Should the first ‘prenatal’ be ‘postnatal’? I guess it is probably easier to get measurements after they are born. Some other questions:

  • Do you have any information on the time (relative to birth?) at which these measurements are taken? It seems a little hard to estimate the length at birth when you don’t know if the postnatal observations were taken at 1 hour or 2 years after birth. In fact I’m not sure it is possible?
  • Logistic regression would have y_{i} as a probabilistic function of x_i, not a deterministic one (the probability of being born would increase as the measured length increases). I can’t see the likelihood contribution that x_{i} and y_{i} make at the moment:
    model {
      .
      .
      .
      for (ii in 1 : n) {
        if (X[i] >= theta[i]) {
            // not obvious what goes here?
          } else {
            // nor here?
          }
      }
    }
    
    This might also introduce a discontinuous gradient with respect to \delta_{i} and \mu? It would depend what the likelihood is.
  • If you had p_{i} = \mu + \delta_{i} + x_{i}\theta with the likelihood being (p_{i})^{y_{i}}(1 - p_{i})^{1 - y_{i}} you could then ask the inverse regression question: ‘what is the value of x_{i} that gives me a p_{i} (chance of being born) of 0.5?’ This might be your best guess at ‘how long was this individual when they were born’?

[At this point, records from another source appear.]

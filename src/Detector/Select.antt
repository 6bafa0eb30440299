-- ===== src/Detector/Select.antt =====
-- src/arbitrage_detector.rs: the registry of the detector, and the pools that `rebuild_graph` selects. Instants
-- are in nanoseconds.
use sovereign_shadow_mev.Prelude.{
  ℕ, ◌-◌, ◌*◌, ◌/◌, ◌^◌, Bool, true, false, not, ◌||◌, ◌&&◌, Option, none, some, List, [], ◌∷◌,
  contains, min, ltb, leb, ◌==◌, if◌then◌else◌, Run, done, panic, ◌>>=◌,
}
use sovereign_shadow_mev.Prelude.Assoc.{Assoc, lookup, insert, retain, contains_key}
use sovereign_shadow_mev.Constants.{
  token_usdc, token_weth, token_virtual, token_luna, token_ai16z, top_100_pools,
  pool_hotness_ttl_sec, max_alpha_liquidity_usd, estimated_eth_price,
}
use sovereign_shadow_mev.Models.{DexName}
use sovereign_shadow_mev.Mirror.Pools.{StateMirror, PoolState}
use sovereign_shadow_mev.Mirror.Traders.{get_competition_score}
use sovereign_shadow_mev.Detector.Graph.{StaticGraph}

-- A registered pool: its two tokens and its exchange.
pub record Registration : Type 0 where
  pub token_0 : ℕ
  pub token_1 : ℕ
  pub dex_name : DexName

-- The state of `ArbitrageDetector`, less its channels and configuration.
pub record ArbitrageDetector : Type 0 where
  pub graph : StaticGraph
  pub pool_registry : Assoc Registration
  pub pool_activity : Assoc ℕ
  pub alpha_grace_period : Assoc ℕ

-- `elapsed().as_secs() < limit`, and not for a pool that has no entry.
unfoldable pub is_recent : Assoc ℕ → ℕ → ℕ → ℕ → Bool
is_recent instants pool now limit = elim (lookup pool instants) [
  | none ↦ false
  | some t ↦ ltb ((now - t) / 10 ^ 9) limit
]

-- `saturating_mul` on 128 bits.
abbrev saturating_mul128 : ℕ → ℕ → ℕ
saturating_mul128 a b = min (a * b) (2 ^ 128 - 1)

-- `to::<u128>()`
abbrev to_u128 : ℕ → Run ℕ
to_u128 a = if leb (2 ^ 128) a then panic else done a

abbrev dollars_of_usdc : ℕ → Run ℕ
dollars_of_usdc reserve = to_u128 reserve >>= λ r. done (saturating_mul128 (r / 1_000_000) 2)

abbrev dollars_of_weth : ℕ → Run ℕ
dollars_of_weth reserve = to_u128 reserve >>= λ r.
    done (saturating_mul128 (saturating_mul128 (r / 10 ^ 18) 2) estimated_eth_price)

-- The liquidity in dollars, read off the reserve of the token that has a known price.
unfoldable pub liq_usd : Registration → PoolState → Run ℕ
liq_usd reg p =
    if reg.token_0 == token_usdc
    then dollars_of_usdc p.reserves0
    else if reg.token_1 == token_usdc
    then dollars_of_usdc p.reserves1
    else if reg.token_0 == token_weth
    then dollars_of_weth p.reserves0
    else if reg.token_1 == token_weth
    then dollars_of_weth p.reserves1
    else done 0

abbrev is_star : ℕ → Bool
is_star t = (t == token_virtual) || (t == token_luna) || (t == token_ai16z)

abbrev is_between : ℕ → ℕ → Bool
is_between low liquidity = leb low liquidity && leb liquidity max_alpha_liquidity_usd

unfoldable pub is_in_sweet_spot : Registration → Bool → ℕ → Bool
is_in_sweet_spot reg is_core liquidity =
    if is_star reg.token_0 || is_star reg.token_1
    then is_between 500 liquidity
    else is_core || is_between 1000 liquidity

unfoldable pub is_niche_dex : DexName → Bool
is_niche_dex DexName.sushi_swap = true
is_niche_dex DexName.base_swap = true
is_niche_dex DexName.pancake_swap = true
is_niche_dex _ = false

-- `should_include`, and false where competition makes the loop go on.
unfoldable pub should_include :
    ArbitrageDetector → StateMirror → ℕ → ℕ → Registration → PoolState → Run Bool
should_include d m now pool reg p =
    let is_core = contains top_100_pools pool in
    liq_usd reg p >>= λ liquidity. done (
      if ltb 2 (get_competition_score m pool) && not is_core
      then false
      else is_core
        || is_recent d.alpha_grace_period pool now 1800
        || is_recent d.pool_activity pool now pool_hotness_ttl_sec
        || is_niche_dex reg.dex_name
        || is_in_sweet_spot reg is_core liquidity
        || (p.last_updated_block == 0))

-- A selected pool with its registration.
abbrev pub Selected : Type 0
Selected = ℕ × Registration

-- One pool of the mirror, with its registration if there is one, before the selection of the others.
unfoldable pub consider_pool :
    ArbitrageDetector
    → StateMirror
    → ℕ
    → ℕ
    → PoolState
    → Option Registration
    → Run (List Selected)
    → Run (List Selected)
consider_pool d m now pool p none rest = rest
consider_pool d m now pool p (some reg) rest = should_include d m now pool reg p >>= λ included.
    rest >>= λ others. done (if included then (pool, reg) ∷ others else others)

-- The loop over the pools of the mirror, in the order of the list that stands for the map.
unfoldable pub select_pools :
    ArbitrageDetector → StateMirror → ℕ → Assoc PoolState → Run (List Selected)
select_pools d m now [] = done []
select_pools d m now ((pool, p) ∷ pools) =
    consider_pool d m now pool p (lookup pool d.pool_registry) (select_pools d m now pools)

-- `get_pool_from_router`: the first registered pool of two tokens, in either order.
unfoldable pub get_pool_from_router : Assoc Registration → ℕ → ℕ → Option ℕ
get_pool_from_router [] t_in t_out = none
get_pool_from_router ((pool, reg) ∷ registry) t_in t_out =
    let later = get_pool_from_router registry t_in t_out in
    if ((reg.token_0 == t_in) && (reg.token_1 == t_out))
      || ((reg.token_0 == t_out) && (reg.token_1 == t_in))
    then some pool
    else later

-- A pool that was just created, from the channel of the factories.
unfoldable pub register_pool : ArbitrageDetector → ℕ → Registration → ℕ → ArbitrageDetector
register_pool d pool reg now = record d {
  pool_registry = insert pool reg d.pool_registry;
  alpha_grace_period = insert pool now d.alpha_grace_period;
}

-- The pool of an event becomes hot: the pool itself for a token of 0, else the pool of the two tokens.
unfoldable pub touch_pool : ArbitrageDetector → ℕ → ℕ → ℕ → ℕ → ArbitrageDetector
touch_pool d router token_in token_out now =
    if token_in == 0
    then record d { pool_activity = insert router now d.pool_activity }
    else elim (get_pool_from_router d.pool_registry token_in token_out) [
      | none ↦ d
      | some pool ↦ record d { pool_activity = insert pool now d.pool_activity }
    ]

-- `sync_registry` before its rebuild: only pools of the mirror stay registered.
unfoldable pub retain_registered : ArbitrageDetector → StateMirror → ArbitrageDetector
retain_registered d m = record d {
  pool_registry = retain (λ pool reg. contains_key pool m.pools) d.pool_registry;
}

Hopefully some of these questions are helpful? I’m not sure I see any way of answering the question without some form of information about the time of measurement. Even if all the pre/post-natal observations are taken at the same time, it seems like you need to know when that is to estimate length at birth?

Thank you for your response, @hhau

Yes, sorry for that. I’ve changed this in the original post.

Yes I was wondering that too, but I don’t think we have this sort of information.

Yes, I think this is the crux of the issue: I haven’t expressed a likelihood for either X_i or Y_i. In my generative model, the binary Y_i simply tells us whether \theta_i is less than or greater than X_i. This post seems to get at this idea.

What I have described may boil down to a probit regression model. My main concern at this stage is with finding a way to balance the influence of the two samples. For any given length, the born cases are overrepresented and the unborn cases are underrepresented, so I don’t feel comfortable estimating a probability on sheer relative numbers of cases. It causes a pretty clear downward bias in the estimated mean length-at-birth.

The traditional, non-Bayesian approach to addressing imbalance is to weight the cases by the inverse sample sizes. I tried this and it seemed to cause bias in the opposite direction. When I square-rooted the weights, it seemed about right but this seemed a little arbitrary.

Some other discussions on this here and here.

Perhaps what I really want is to find is where the upper tail of the density of unborn lengths crosses the lower tail of the density of born lengths?